Take each line of the entries below that contains "after" and copy it.

[Extracted records]

BEGIN

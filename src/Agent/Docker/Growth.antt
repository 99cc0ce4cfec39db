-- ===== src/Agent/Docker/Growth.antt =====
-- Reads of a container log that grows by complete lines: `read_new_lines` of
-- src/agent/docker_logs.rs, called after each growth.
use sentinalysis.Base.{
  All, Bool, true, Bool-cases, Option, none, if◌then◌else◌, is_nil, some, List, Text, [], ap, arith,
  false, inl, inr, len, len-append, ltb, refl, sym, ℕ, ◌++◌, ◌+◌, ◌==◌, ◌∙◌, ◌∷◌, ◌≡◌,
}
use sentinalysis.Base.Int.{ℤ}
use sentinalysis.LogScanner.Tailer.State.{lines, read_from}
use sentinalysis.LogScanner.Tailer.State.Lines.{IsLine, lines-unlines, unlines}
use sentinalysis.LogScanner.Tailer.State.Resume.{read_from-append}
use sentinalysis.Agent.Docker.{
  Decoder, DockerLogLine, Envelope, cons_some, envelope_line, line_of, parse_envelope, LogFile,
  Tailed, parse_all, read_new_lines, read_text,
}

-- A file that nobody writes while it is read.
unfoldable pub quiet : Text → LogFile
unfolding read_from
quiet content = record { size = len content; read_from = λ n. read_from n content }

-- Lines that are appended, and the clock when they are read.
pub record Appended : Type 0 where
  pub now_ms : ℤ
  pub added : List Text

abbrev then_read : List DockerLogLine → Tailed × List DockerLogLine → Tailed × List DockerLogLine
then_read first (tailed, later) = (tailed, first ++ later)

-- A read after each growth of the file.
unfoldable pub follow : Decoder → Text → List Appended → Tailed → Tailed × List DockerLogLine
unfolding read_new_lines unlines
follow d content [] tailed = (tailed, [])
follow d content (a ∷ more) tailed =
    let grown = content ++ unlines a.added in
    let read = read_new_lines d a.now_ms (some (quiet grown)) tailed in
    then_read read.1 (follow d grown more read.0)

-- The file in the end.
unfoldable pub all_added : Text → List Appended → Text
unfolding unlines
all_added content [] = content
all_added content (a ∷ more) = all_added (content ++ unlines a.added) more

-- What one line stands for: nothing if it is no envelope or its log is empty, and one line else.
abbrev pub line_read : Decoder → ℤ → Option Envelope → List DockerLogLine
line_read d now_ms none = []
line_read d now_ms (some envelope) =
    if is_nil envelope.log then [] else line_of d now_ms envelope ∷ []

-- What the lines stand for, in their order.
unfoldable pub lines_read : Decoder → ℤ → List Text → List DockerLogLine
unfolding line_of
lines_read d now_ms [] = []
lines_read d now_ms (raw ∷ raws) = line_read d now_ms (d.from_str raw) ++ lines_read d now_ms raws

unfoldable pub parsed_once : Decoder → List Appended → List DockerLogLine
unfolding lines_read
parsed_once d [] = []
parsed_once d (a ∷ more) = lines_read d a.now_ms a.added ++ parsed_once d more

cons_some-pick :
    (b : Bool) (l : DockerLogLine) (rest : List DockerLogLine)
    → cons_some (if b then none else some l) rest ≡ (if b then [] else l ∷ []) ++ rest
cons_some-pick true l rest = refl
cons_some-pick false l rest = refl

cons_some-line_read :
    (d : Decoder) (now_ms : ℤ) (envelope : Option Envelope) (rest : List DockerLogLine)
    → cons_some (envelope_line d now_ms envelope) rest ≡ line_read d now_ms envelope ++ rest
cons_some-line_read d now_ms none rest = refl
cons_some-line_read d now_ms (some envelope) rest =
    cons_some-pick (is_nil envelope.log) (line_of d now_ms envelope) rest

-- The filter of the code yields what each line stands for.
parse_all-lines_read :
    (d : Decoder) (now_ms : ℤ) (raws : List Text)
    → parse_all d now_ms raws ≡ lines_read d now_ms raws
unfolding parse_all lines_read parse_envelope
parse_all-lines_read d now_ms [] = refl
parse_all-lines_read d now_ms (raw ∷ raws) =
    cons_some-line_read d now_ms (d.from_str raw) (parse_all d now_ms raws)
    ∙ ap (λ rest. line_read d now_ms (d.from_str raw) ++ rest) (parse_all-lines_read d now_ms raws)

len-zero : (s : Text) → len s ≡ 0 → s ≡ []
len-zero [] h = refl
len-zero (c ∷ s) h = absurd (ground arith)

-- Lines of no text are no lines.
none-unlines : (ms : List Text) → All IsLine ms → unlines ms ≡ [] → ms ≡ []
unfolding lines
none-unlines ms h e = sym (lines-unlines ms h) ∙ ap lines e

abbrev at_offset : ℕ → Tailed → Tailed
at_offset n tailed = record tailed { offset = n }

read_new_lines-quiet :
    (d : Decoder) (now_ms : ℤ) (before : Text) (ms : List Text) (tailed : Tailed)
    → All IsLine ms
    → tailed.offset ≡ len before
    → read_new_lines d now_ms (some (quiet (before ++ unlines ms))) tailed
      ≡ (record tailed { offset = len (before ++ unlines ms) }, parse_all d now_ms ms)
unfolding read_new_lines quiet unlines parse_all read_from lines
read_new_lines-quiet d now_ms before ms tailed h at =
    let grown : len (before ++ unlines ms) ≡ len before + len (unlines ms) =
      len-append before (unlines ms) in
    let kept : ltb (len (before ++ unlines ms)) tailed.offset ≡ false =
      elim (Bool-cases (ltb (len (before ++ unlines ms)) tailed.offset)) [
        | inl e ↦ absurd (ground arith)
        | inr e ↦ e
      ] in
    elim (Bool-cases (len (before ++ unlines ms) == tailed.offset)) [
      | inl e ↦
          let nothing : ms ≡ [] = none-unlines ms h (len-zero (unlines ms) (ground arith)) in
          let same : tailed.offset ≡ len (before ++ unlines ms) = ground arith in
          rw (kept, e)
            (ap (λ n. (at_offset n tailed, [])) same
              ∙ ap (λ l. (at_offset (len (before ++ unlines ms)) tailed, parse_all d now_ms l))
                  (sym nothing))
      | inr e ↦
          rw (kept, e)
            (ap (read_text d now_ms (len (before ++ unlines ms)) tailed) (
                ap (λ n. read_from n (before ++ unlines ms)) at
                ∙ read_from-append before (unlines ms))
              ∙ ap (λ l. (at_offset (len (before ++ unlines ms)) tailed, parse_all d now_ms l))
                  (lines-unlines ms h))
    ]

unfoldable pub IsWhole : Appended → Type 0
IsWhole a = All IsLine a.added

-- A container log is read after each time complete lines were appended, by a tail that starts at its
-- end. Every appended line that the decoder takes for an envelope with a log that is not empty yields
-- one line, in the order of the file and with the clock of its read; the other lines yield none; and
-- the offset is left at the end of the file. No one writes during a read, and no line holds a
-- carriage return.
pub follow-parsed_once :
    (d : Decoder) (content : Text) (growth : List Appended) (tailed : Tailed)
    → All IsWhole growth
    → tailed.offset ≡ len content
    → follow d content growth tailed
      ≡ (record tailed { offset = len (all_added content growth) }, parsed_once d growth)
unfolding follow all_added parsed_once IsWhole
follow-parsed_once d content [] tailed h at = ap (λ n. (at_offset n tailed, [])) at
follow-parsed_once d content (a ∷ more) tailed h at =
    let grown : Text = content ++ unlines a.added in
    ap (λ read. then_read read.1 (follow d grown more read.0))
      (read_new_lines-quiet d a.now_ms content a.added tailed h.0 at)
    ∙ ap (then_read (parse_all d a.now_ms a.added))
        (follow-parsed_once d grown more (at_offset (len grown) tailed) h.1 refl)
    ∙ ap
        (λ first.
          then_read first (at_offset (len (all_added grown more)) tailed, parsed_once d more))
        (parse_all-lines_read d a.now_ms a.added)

END

- [Output for this task]
-- src/agent/docker_logs.rs, called after each growth.
-- A read after each growth of the file.
-- A container log is read after each time complete lines were appended, by a tail that starts at its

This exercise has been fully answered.